Albert entered carrying a silver tray on which there was a large pot of caviare and little silver dishes of egg and onion and sliced lemons.
‘You will excuse Albert for serving me first,’ Doctor Fischer said.
‘I adore caviare,’ Mrs Montgomery said. ‘I could live on it.’
‘You could afford to live on it if you were prepared to spend your own money.’
‘I’m not such a rich woman as all that.’
‘Why bother to lie to me? If you weren’t as rich as you are you would not be sitting at this table. I invite only the very rich.’
‘What about Mr Jones?’
‘He is here as an observer rather than as a guest, but of course, as he is my son-in-law, he may imagine he has great expectations. Expectations too are a form of wealth. I am sure Mr Kips could arrange him substantial credits, and expectations are not taxable
– he wouldn’t need to consult Monsieur Belmont. Albert, the bibs.’
For the first time I noticed that there were no napkins by our places. Albert was fastening a bib round Mrs Montgomery’s neck. She gave a squeal of pleasure. ‘Ecrevisses! I love écrevisses.’
‘We haven’t toasted the late lamented Monsieur Groseli,’ the Divisionnaire said, adjusting his bib. ‘I won’t pretend that I ever liked that man.’
‘Hurry up then, while Albert fetches your dinner. To Monsieur Groseli. He only attended two of our dinners before dying of cancer, so I had no time to study his character. If I had known of the cancer I would never have invited him to join us. I expect my guests to entertain me for a much longer time. Ah, here is your dinner, so I can now begin my own.’
Mrs Montgomery gave a high shriek. ‘Why, this is porridge, cold porridge.’
‘Real Scotch porridge. You should appreciate it, with your Scotch name.’ Doctor Fischer gave himself a helping of caviare and poured himself out a glass of vodka.
‘It will destroy all our appetite,’ Deane said.
‘Don’t be afraid of that.
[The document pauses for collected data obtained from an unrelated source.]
-- ===== src/Chains/Package/Keys.antt =====
-- The SDK that `NewSDK` makes: its key, and its nodes.
use bridge_common.Prelude.{
  ℕ, ◌≡◌, refl, sym, ap, ◌∙◌, false, List, [], ◌∷◌, ◌++◌, map, none, some, get_elem?, arith, subst,
}
use mathlib.Core.Option.{some-injective}
use bridge_common.Prelude.Text.{Text}
use bridge_common.Chains.Sdk.{Answer, ChainSdk, new_chain_sdk, update_selection, init}
use bridge_common.Chains.Sdk.Life.{Reach, Reach-new_chain_sdk, Reach-nodes}
use bridge_common.Chains.Package.{
  Options, PackageSdk, PackageConfig, options_key, chain_sdk_key, key, create, node,
}

module _ {C : Type 0} (config : PackageConfig C) where
  map_address :
      (urls : List Text)
      → ((url : Text) → config.address (config.new_client url) ≡ url)
      → map config.address (map config.new_client urls) ≡ urls
  map_address [] h = refl
  map_address (u ∷ us) h = rw (h u, map_address us h)

  abbrev started : (ℕ → Answer) → Options → ChainSdk C
  started answer o =
      (init answer
        (new_chain_sdk o.chain_id (map config.new_client o.nodes) o.interval o.max_gap)).0

  abbrev made : (ℕ → Answer) → Options → PackageSdk C
  made answer o = record {
    chain_sdk = some (started answer o);
    nodes = map config.new_client o.nodes;
    options = none;
  }

  create-made :
      (answer : ℕ → Answer) (o : Options) (s : PackageSdk C)
      → create config answer o ≡ (some s, false)
      → s ≡ made answer o
  unfolding create
  create-made answer o s e = ground arith

  -- `NewSDK` and the rounds after it leave the nodes and the chain's id as they are given.
  init-kept :
      (answer : ℕ → Answer) (chain_id : ℕ) (nodes : List C) (interval max_gap : ℕ)
      → let s = (init answer (new_chain_sdk chain_id nodes interval max_gap)).0 in
        (s.nodes ≡ nodes) × (s.chain_id ≡ chain_id)
  unfolding init update_selection new_chain_sdk
  init-kept answer chain_id nodes interval max_gap = (refl, refl)

  made-key :
      (answer : ℕ → Answer) (o : Options)
      → ((url : Text) → config.address (config.new_client url) ≡ url)
      → key config (made answer o) ≡ some (config.key_prefix ++ options_key o)
  unfolding key chain_sdk_key options_key
  made-key answer o h =
      let kept = init-kept answer o.chain_id (map config.new_client o.nodes) o.interval o.max_gap in
      rw (kept.0, kept.1, map_address o.nodes h)

  -- An SDK made from options has the key of the options, so that asking for the options again finds
  -- it. A client's address is the URL that it was made from.
  pub create-key :
      (answer : ℕ → Answer) (o : Options) (s : PackageSdk C)
      → ((url : Text) → config.address (config.new_client url) ≡ url)
      → create config answer o ≡ (some s, false)
      → key config s ≡ some (config.key_prefix ++ options_key o)
  create-key answer o s h e = ap (key config) (create-made answer o s e) ∙ made-key answer o h

  -- However the SDK's chain goes on after it was made, the package's `Node` is the client that the
  -- chain's own `Node` returns.
  pub node-Reach :
      (answer : ℕ → Answer) (o : Options) (s : PackageSdk C) (c c' : ChainSdk C)
      → create config answer o ≡ (some s, false)
      → s.chain_sdk ≡ some c
      → Reach c c'
      → node (record s { chain_sdk = some c' }) ≡ c'.sdk
  unfolding node
  node-Reach answer o s c c' e at r =
      let same = create-made answer o s e in
      let first : c ≡ started answer o =
        some-injective _ _ (sym at ∙ ap (λ (t : PackageSdk C). t.chain_sdk) same) in
      let kept = init-kept answer o.chain_id (map config.new_client o.nodes) o.interval o.max_gap in
      let nodes : c'.nodes ≡ s.nodes =
        Reach-nodes r
        ∙ ap (λ (t : ChainSdk C). t.nodes) first
        ∙ kept.0
        ∙ sym (ap (λ (t : PackageSdk C). t.nodes) same) in
      let valid =
        Reach-new_chain_sdk o.chain_id (map config.new_client o.nodes) o.interval o.max_gap answer
          c' (subst (λ t. Reach t c') first r) in
      ap (λ (l : List C). get_elem? l c'.index) (sym nodes) ∙ sym valid.node_at_index
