-- ===== src/Chains/Package/Singletons.antt =====
-- `WithOptions`: the SDKs as singletons.
use bridge_common.Prelude.{ℕ, ◌≡◌, Bool, true, false, List, Option, none, arith}
use bridge_common.Prelude.Text.{Text}
use bridge_common.Util.Singleton.{single, single_all, single_again, single-made, single-bad}
use bridge_common.Chains.Sdk.{Answer}
use bridge_common.Chains.Package.{
  Options, PackageSdk, PackageConfig, Instances, create, request_key, with_options,
}

module _ {C : Type 0} (config : PackageConfig C) where
  -- Once a call of `WithOptions` has succeeded, every later one with the same options returns the
  -- same SDK, whatever is asked for in between and whatever the nodes answer then.
  pub with_options_again :
      (answer later : ℕ → Answer) (o : Options) (state state' : Instances C)
      (s : Option (PackageSdk C)) (calls : List (Text × Option (PackageSdk C) × Bool))
      → with_options config answer o state ≡ (s, false, state')
      → let state'' = single_all calls state' in
        with_options config later o state'' ≡ (s, false, state'')
  unfolding with_options
  with_options_again answer later o state state' s calls e = ground (
    arith,
    single_again (request_key config o) (create config answer o) (create config later o) calls
        state,
  )

  create-failed :
      (answer : ℕ → Answer) (o : Options)
      → config.keeps_failed ≡ false
      → (create config answer o).1 ≡ true
      → (create config answer o).0 ≡ none
  unfolding create
  create-failed answer o drops e = ground arith

  create-bad :
      (answer : ℕ → Answer) (o : Options) (state : Instances C)
      → (single (request_key config o) (create config answer o) state).1 ≡ true
      → (create config answer o).1 ≡ true
  create-bad answer o state e = single-bad _ _ state e

  -- A failed creation is kept too. In a package whose `NewSDK` returns nil beside an error, after a
  -- call that fails every later one with the same options returns nil and no error, whatever is
  -- asked for in between and whatever the nodes answer then.
  pub with_options_failed :
      (answer later : ℕ → Answer) (o : Options) (state state' : Instances C)
      (calls : List (Text × Option (PackageSdk C) × Bool))
      → config.keeps_failed ≡ false
      → with_options config answer o state ≡ (none, true, state')
      → let state'' = single_all calls state' in
        with_options config later o state'' ≡ (none, false, state'')
  unfolding with_options
  with_options_failed answer later o state state' calls drops e = ground (
    arith,
    single_again (request_key config o) (create config answer o) (create config later o) calls
        state,
    single-made (request_key config o) (create config answer o) state,
    create-bad answer o state,
    create-failed answer o drops,
  )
There is nothing to follow.’
‘This is going too far, Doctor Fischer,’ Mrs Montgomery said. ‘Cold porridge. Why, it’s totally inedible.’
‘Don’t eat it then. Don’t eat it, Mrs Montgomery. By the rules you will only lose your little present. To tell you the truth I ordered porridge especially for Jones. I had thought of some partridges, but how could he have managed with one hand?’
To my astonishment I saw that the Divisionaire and Richard Deane had begun to eat and Mr Kips had at least picked up his spoon.
‘If we could have a little sugar,’ Belmont said, ‘it might perhaps help.’
‘I understand that the Welsh – no, no, I remember, Jones – I mean the Scots – consider it a blasphemy to spoil their porridge with sugar. They even eat it, I am told, with salt. You may certainly have salt. Offer the gentlemen salt, Albert. Mrs Montgomery has decided to go hungry.’